Doug Goehring, North Dakota agriculture commissioner, at one point in the presentation, asked how cattle could be counted for methane output in greenhouse gas calculations, but also asked about the output of such things as wetlands.

Bill Hohenstein, with the U.S. Department of Agriculture's Global Change Program, says wetlands are considered "natural and background" and therefore not counted among the "human contribution" to the greenhouse gas.

Won Koo, the NDSU agricultural economist and director of the Center for Agricultural Policy and Trade Studies, announced results of a survey in which North Dakota farmers were asked whether they would participate in markets that trade their ag practices as carbon credits under a cap-and-trade scenario.

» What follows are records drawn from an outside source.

-- ===== src/Outbox/Frame.antt =====
-- What a business write that only reports may change: the outbox, the audit trail and the identifiers
-- that are used up (src/core/outbox/outbox.service.ts, src/core/audit).
use telegram_mini_app.Prelude.{
  ℕ, suc, or_else, List, [], ◌∷◌, Option, some, ◌≡◌, refl, sym, ◌∙◌, arith, Option-cases, inl, inr,
}
use telegram_mini_app.Prelude.Integers.{ℤ}
use telegram_mini_app.Prelude.Text.{Text}
use telegram_mini_app.Types.{Actor, ok}
use telegram_mini_app.Db.{Db, Env, returned, generate_id, require_effective_tenant_id, write_audit}
use telegram_mini_app.Db.Rows.{OutboxInput, OutboxMessage, AuditEntry}
use telegram_mini_app.Outbox.{insert_rows, outbox_rows, store_rows, enqueue_many, enqueue}

-- Two databases with the same deposits and the same books.
pub record SameBooks (db db' : Db) : Type 0 where
  pub deposits : db'.deposits ≡ db.deposits
  pub transitions : db'.transitions ≡ db.transitions
  pub accounts : db'.accounts ≡ db.accounts
  pub transactions : db'.transactions ≡ db.transactions
  pub entries : db'.entries ≡ db.entries
  pub proofs : db'.proofs ≡ db.proofs

pub SameBooks-refl : (db : Db) → SameBooks db db
SameBooks-refl db = record {
  deposits = refl;
  transitions = refl;
  accounts = refl;
  transactions = refl;
  entries = refl;
  proofs = refl;
}

pub SameBooks-trans : {a b c : Db} → SameBooks a b → SameBooks b c → SameBooks a c
SameBooks-trans h k = record {
  deposits = k.deposits ∙ h.deposits;
  transitions = k.transitions ∙ h.transitions;
  accounts = k.accounts ∙ h.accounts;
  transactions = k.transactions ∙ h.transactions;
  entries = k.entries ∙ h.entries;
  proofs = k.proofs ∙ h.proofs;
}

pub SameBooks-of_eq : {a b : Db} → b ≡ a → SameBooks a b
SameBooks-of_eq {a} h = rw (h) (SameBooks-refl a)

-- A change of the outbox, of the audit trail and of the identifiers used up keeps the rest.
reported-SameBooks :
    (db : Db) (outbox : List OutboxMessage) (audits : List AuditEntry) (generated : ℕ)
    → SameBooks db (record db { outbox = outbox; audits = audits; generated = generated })
reported-SameBooks db outbox audits generated = record {
  deposits = refl;
  transitions = refl;
  accounts = refl;
  transactions = refl;
  entries = refl;
  proofs = refl;
}

pub write_audit-SameBooks :
    (env : Env) (action : Text) (actor : Actor) (subject : Text) (amount : Option ℤ) (db : Db)
    {u : Unit {0}} {db' : Db}
    → write_audit env action actor subject amount db ≡ ok (u, db')
    → SameBooks db db'
unfolding write_audit
write_audit-SameBooks env action actor subject amount db {u} {db'} h =
    elim (Option-cases env.tenant) [
      | inl e ↦ absurd (ground arith)
      | inr (tenant, e) ↦
          let entry : AuditEntry = record {
            tenant_id = tenant;
            action = action;
            actor = actor;
            subject_id = subject;
            amount_minor = amount;
          } in
          let same : db' ≡ record db { audits = entry ∷ db.audits } = ground (arith, e) in
          rw (same) (reported-SameBooks db db.outbox (entry ∷ db.audits) db.generated)
    ]

outbox_rows_lem :
    (env : Env) (tenant : Text) (inputs : List OutboxInput) (db : Db)
    → (rows : List OutboxMessage) × (k : ℕ) × (outbox_rows env tenant inputs db
        ≡ ok (rows, record db { generated = k }))
unfolding outbox_rows generate_id
outbox_rows_lem env tenant [] db = ([], db.generated, refl)
outbox_rows_lem env tenant (input ∷ inputs) db =
    let (rows, k, e) =
      outbox_rows_lem env tenant inputs (record db { generated = suc db.generated }) in
    let row : OutboxMessage = record {
      id = db.ids db.generated;
      tenant_id = tenant;
      input = input;
      available_at = or_else input.available_at env.now;
    } in
    (row ∷ rows, k, cc (e))

enqueue_lem :
    (env : Env) (input : OutboxInput) (db : Db) (tenant : Text)
    → env.tenant ≡ some tenant
    → (outbox : List OutboxMessage) × (k : ℕ) × (enqueue env input db
        ≡ ok (tt, record db { outbox = outbox; generated = k }))
unfolding enqueue enqueue_many store_rows require_effective_tenant_id
enqueue_lem env input db tenant e =
    let (rows, k, f) = outbox_rows_lem env tenant (input ∷ []) db in
    ((insert_rows rows db.outbox).0, k, cc (e, f))

pub enqueue-SameBooks :
    (env : Env) (input : OutboxInput) (db : Db) {u : Unit {0}} {db' : Db}
    → enqueue env input db ≡ ok (u, db')
    → SameBooks db db'
unfolding enqueue enqueue_many require_effective_tenant_id
enqueue-SameBooks env input db {u} {db'} h = elim (Option-cases env.tenant) [
  | inl e ↦ absurd (ground (arith, e))
  | inr (tenant, e) ↦
      let (outbox, k, f) = enqueue_lem env input db tenant e in
      rw ((returned (sym f ∙ h)).1) at (reported-SameBooks db outbox db.audits k)
]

He says farmers indicated they generally are reluctant to participate. The survey says farmers are more likely to participate with increases in carbon prices, or if they own land in the Conservation Reserve Program or in rangeland. He says farmers younger than age 45 are likelier to participate, as well as those who generally support climate change mitigation legislation

jhegg

I have a question for you. Who invented the Chicago Climate Exchange?


----------



## Chuck Smith (Feb 22, 2005)

Now with Obama coming out publicly saying we as a nation need to move quickly towards a "green" solution with oil spill.

How will taxing or getting rid of plants like Crystal sugar help the economy and jobs? How will now making more higher standards for our auto industry help the economy or the barely staying alive Detroit auto factories? How will this impact the economy and jobs?

I will tell you.....if our elected officials keep hamstringing industry you will see more and more jobs pushed over seas, more lay offs, and a tougher economy. We are not out of the recession at all.


----------



## Plainsman (Jul 30, 2003)

It sounds like a lot of smoke and mirrors to me. Trees? CRP? store little carbon. Wetlands don't give off much, they store carbon. They give of some methane and nitrous oxide, but store up to 35 tons of carbon per acre. Heavily vegetated wetlands that is. If they want to start playing with carbon, then restore wetlands and pay farmers for restoration, but leave the true crop land alone. Messing with carbon credits in the Red River Valley is sheer lunacy.

Restored wetlands = stored carbon
Restored wetlands = waterfowl habitat
Restored wetlands = flood abatement
Restored wetlands = energy costs held down as compared to technology reduction of carbons

I could go on, but my point is carbon tax is a waste, but if we are going to throw money around we can throw it at restoring wetlands and the money will not be wasted because there are other benefits. Maybe that makes to much sense for the politicians to consider it.


----------



## jhegg (May 29, 2004)

Good thing I'm getting close to retirement!

Jim


----------



## Dick Monson (Aug 12, 2002)

> Good thing I'm getting close to retirement!


 That's a three pointer Jim. :beer:


----------



## Chuck Smith (Feb 22, 2005)

Good for you. :thumb:


----------



## DG (Jan 7, 2008)

jhegg said,



> Good thing I'm getting close to retirement!


What a well thought out answer Jim. "I got mine screw the rest." What kind of jobs are going to be available to the next generation?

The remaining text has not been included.